I also checked Polling Report to see what other polls in the past two months said about U.S. attitudes about building the wall. Here’s what I found:
- Quinnipiac University Poll. June 14-17, 2018: 39 percent support building a wall, 58 percent are opposed.
- Pew Research Center. June 5-12, 2018: 40 percent support building a wall, 56 percent are opposed.
- CBS News Poll. May 3-6, 2018: 38 percent support building a wall, 59 percent are opposed.
So, since May, five polls have been conducted on the question of building the wall. Exactly one of them shows a bare majority in favor of building the wall if the responses are aggregated. The other four show pretty solid majorities in opposition. Going further back, the numbers pretty much have looked like this since the 2016 election. The only exception is if the $25 billion price tag gets mentioned — in which case, support for building the wall drops to the low 30s. Oh, and as it turns out, the mainstream media has less of an effect on public attitudes on this issue than the president’s bully pulpit. So even though he has the largest microphone, Trump is losing.
Maybe, just maybe, that CBS/YouGov result was an outlier because of the way the question was framed.

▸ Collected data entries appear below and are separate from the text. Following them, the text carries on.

-- ===== src/Resp3/Connection/Bounds.antt =====
-- How much a call of Execute does at most, what it writes, and the connection that it leaves.
use synap_sdk_go.Prelude.{
  ℕ, zero, suc, ◌+◌, ◌≤◌, ◌≡◌, ◌≢◌, refl, Bool, true, false, Option, none, some, List, [], ◌∷◌,
  arith, ◌==◌,
}
use synap_sdk_go.Bytes.{Bytes}
use synap_sdk_go.Value.{Value}
use synap_sdk_go.Value.Text.{Runtime}
use synap_sdk_go.Errors.{synap, wrapped}
use package.synap_sdk_go.Resp3.Outcome.{Outcome, value, error, panic, out_of_fuel}
use package.synap_sdk_go.Resp3.Frame.{build_multibulk}
use package.synap_sdk_go.Resp3.Reader.{read_reply}
use package.synap_sdk_go.Resp3.Reader.Total.{read_reply-ne-out_of_fuel}
use package.synap_sdk_go.Resp3.Connection.{
  Conn, Event, dialled, hung_up, sent, Transport, Run, hang_up, do_connect, reconnect, finish,
  write_to, exchange, attempts, execute,
}

-- The frames that were written.
abbrev pub count_sent : List Event → ℕ
count_sent [] = 0
count_sent (sent f ∷ log) = suc (count_sent log)
count_sent (dialled ∷ log) = count_sent log
count_sent (hung_up ∷ log) = count_sent log

-- A reply, also an error of the server, leaves a connection; every other failure leaves none.
abbrev pub Settled : Run → Type 0
Settled (value v, t) = t.conn ≢ none
Settled (error (synap e), t) = t.conn ≢ none
Settled (error (wrapped text), t) = t.conn ≡ none
Settled (panic, t) = t.conn ≢ none
Settled (out_of_fuel, t) = ⊥

-- A log that has grown from an older one by dials, hang-ups and writes of one frame.
pub data Extends (frame : Bytes) (old : List Event) : List Event → Type 0 where
  unchanged : Extends frame old old
  by_dial : {log : List Event} → Extends frame old log → Extends frame old (dialled ∷ log)
  by_hang_up : {log : List Event} → Extends frame old log → Extends frame old (hung_up ∷ log)
  by_frame : {log : List Event} → Extends frame old log → Extends frame old (sent frame ∷ log)

Extends-trans :
    (frame : Bytes) (a b c : List Event) → Extends frame a b → Extends frame b c → Extends frame a c
Extends-trans frame a b c x unchanged = x
Extends-trans frame a b _ x (by_dial y) = by_dial (Extends-trans frame a b _ x y)
Extends-trans frame a b _ x (by_hang_up y) = by_hang_up (Extends-trans frame a b _ x y)
Extends-trans frame a b _ x (by_frame y) = by_frame (Extends-trans frame a b _ x y)

-- At most k frames and k dials more than at `t`, and no other frame than this one.
pub record Within (k : ℕ) (frame : Bytes) (t : Transport) (run : Run) : Type 0 where
  pub only : Extends frame t.log run.1.log
  pub frames : count_sent run.1.log ≤ count_sent t.log + k
  pub calls : run.1.dials ≤ t.dials + k
  pub settled : Settled run

module _ (rt : Runtime) (dial : ℕ → Option Conn) where
  -- `again` is what a further attempt does on a transport without a connection.
  module _ (k : ℕ) (frame : Bytes) (again : Transport → Run)
      (ends : (t : Transport) → t.conn ≡ none → Within k frame t (again t)) where
    finish-Within :
        (last : Bool) (r : Outcome Value) (t : Transport)
        → r ≢ out_of_fuel
        → t.conn ≢ none
        → Within k frame t (finish rt dial last r t again)
    unfolding hang_up
    finish-Within last (value v) t h c = record {
      only = unchanged;
      frames = omega arith;
      calls = omega arith;
      settled = c;
    }
    finish-Within last (error (synap e)) t h c = record {
      only = unchanged;
      frames = omega arith;
      calls = omega arith;
      settled = c;
    }
    finish-Within true (error (wrapped text)) t h c = record {
      only = by_hang_up unchanged;
      frames = omega arith;
      calls = omega arith;
      settled = refl;
    }
    finish-Within false (error (wrapped text)) t h c =
        let w = ends (hang_up t) refl in
        record {
          only = Extends-trans frame t.log (hung_up ∷ t.log) _ (by_hang_up unchanged) w.only;
          frames = w.frames;
          calls = w.calls;
          settled = w.settled;
        }
    finish-Within last panic t h c = record {
      only = unchanged;
      frames = omega arith;
      calls = omega arith;
      settled = c;
    }
    finish-Within last out_of_fuel t h c = absurd (h refl)

    -- A step before the rest of the run, of one frame and one dial at most.
    after :
        (t t' : Transport) (run : Run)
        → count_sent t'.log ≤ count_sent t.log + 1
        → t'.dials ≤ t.dials + 1
        → Extends frame t.log t'.log
        → Within k frame t' run
        → Within (suc k) frame t run
    after t t' run f c x w = record {
      only = Extends-trans frame t.log t'.log _ x w.only;
      frames = omega (arith, w.frames);
      calls = omega (arith, w.calls);
      settled = w.settled;
    }

    write_to-Within :
        (last : Bool) (n : ℕ) (incoming : Bytes) (t t₀ : Transport)
        → count_sent t.log ≤ count_sent t₀.log
        → t.dials ≤ t₀.dials + 1
        → Extends frame t₀.log t.log
        → Within (suc k) frame t₀ (write_to rt dial last n incoming frame t again)
    unfolding hang_up
    write_to-Within true zero incoming t t₀ f c x = record {
      only = by_hang_up x;
      frames = omega arith;
      calls = omega arith;
      settled = refl;
    }
    write_to-Within false zero incoming t t₀ f c x =
        after t₀ (hang_up t) _ (omega arith) c (by_hang_up x) (ends (hang_up t) refl)
    write_to-Within last (suc n) incoming t t₀ f c x =
        after t₀
          (record t {
            conn = some (record { accepts = n; incoming = (read_reply rt incoming).1 });
            log = sent frame ∷ t.log;
          })
          _ (omega arith) c (by_frame x)
          (finish-Within last (read_reply rt incoming).0 _ (read_reply-ne-out_of_fuel rt incoming)
            (cc))

    exchange-Within :
        (last : Bool) (o : Option Conn) (t t₀ : Transport)
        → t.conn ≡ o
        → count_sent t.log ≤ count_sent t₀.log
        → t.dials ≤ t₀.dials + 1
        → Extends frame t₀.log t.log
        → Within (suc k) frame t₀ (exchange rt dial last o frame t again)
    exchange-Within true none t t₀ e f c x = record {
      only = x;
      frames = omega arith;
      calls = omega arith;
      settled = e;
    }
    exchange-Within false none t t₀ e f c x = after t₀ t _ (omega arith) c x (ends t e)
    exchange-Within last (some v) t t₀ e f c x =
        write_to-Within last v.accepts v.incoming t t₀ f c x

    attempt-Within :
        (last : Bool) (o : Option Conn) (t : Transport)
        → t.conn ≡ o
        → let t' = reconnect rt dial last o t in
          Within (suc k) frame t (exchange rt dial last t'.conn frame t' again)
    unfolding hang_up do_connect
    attempt-Within last none t e =
        exchange-Within last _ (do_connect rt dial t) t refl (omega arith) (omega arith)
          (by_dial unchanged)
    attempt-Within true (some x) t e =
        exchange-Within true _ (do_connect rt dial (hang_up t)) t refl (omega arith) (omega arith)
          (by_dial (by_hang_up unchanged))
    attempt-Within false (some x) t e =
        exchange-Within false _ t t refl (omega arith) (omega arith) unchanged

  attempts-Within :
      (n : ℕ) (frame : Bytes) (t : Transport)
      → t.conn ≡ none
      → Within n frame t (attempts rt dial n frame t)
  unfolding attempts
  attempts-Within zero frame t e = record {
    only = unchanged;
    frames = omega arith;
    calls = omega arith;
    settled = e;
  }
  attempts-Within (suc n) frame t e =
      attempt-Within n frame (attempts rt dial n frame) (attempts-Within n frame) (n == 0) _ t refl

  -- Execute ends with a value, an error or a panic, after two frames and two dials at most. It writes
  -- no frame but that of its command, and so never authenticates by itself. A value and an error of
  -- the server leave the transport with a connection, and so does a panic; every other error leaves it
  -- without one.
  pub execute-Within :
      (cmd : Bytes) (args : List Value) (t : Transport)
      → Within 2 (build_multibulk rt cmd args) t (execute rt dial cmd args t)
  unfolding execute attempts
  execute-Within cmd args t =
      attempt-Within 1 (build_multibulk rt cmd args) _
        (attempts-Within 1 (build_multibulk rt cmd args)) false _ t refl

There is a reason I keep harping on this issue. Pundits keep asserting public support for immigration restriction, but the data keeps not backing up that assertion. A few days ago, Nate Silver noted, “Immigration is a weird issue where pundits, despite being quite liberal on the issue themselves, probably underestimate how liberal the general public is.”
This is a synecdoche of a wider pundit problem in analyzing Trump’s presidency:
The only accurate take about Trump’s standing with the public is he remains a historically unpopular president pursuing a widely unpopular agenda with large public disapproval for his approach to health care, taxes, and yes, immigration.
— b-boy bouiebaisse (@jbouie) June 25, 2018
If conservatives or commentators get most of their polling information from Drudge, then they will infer from this week that Trump’s positions reflect the majority of America. They are very, very wrong.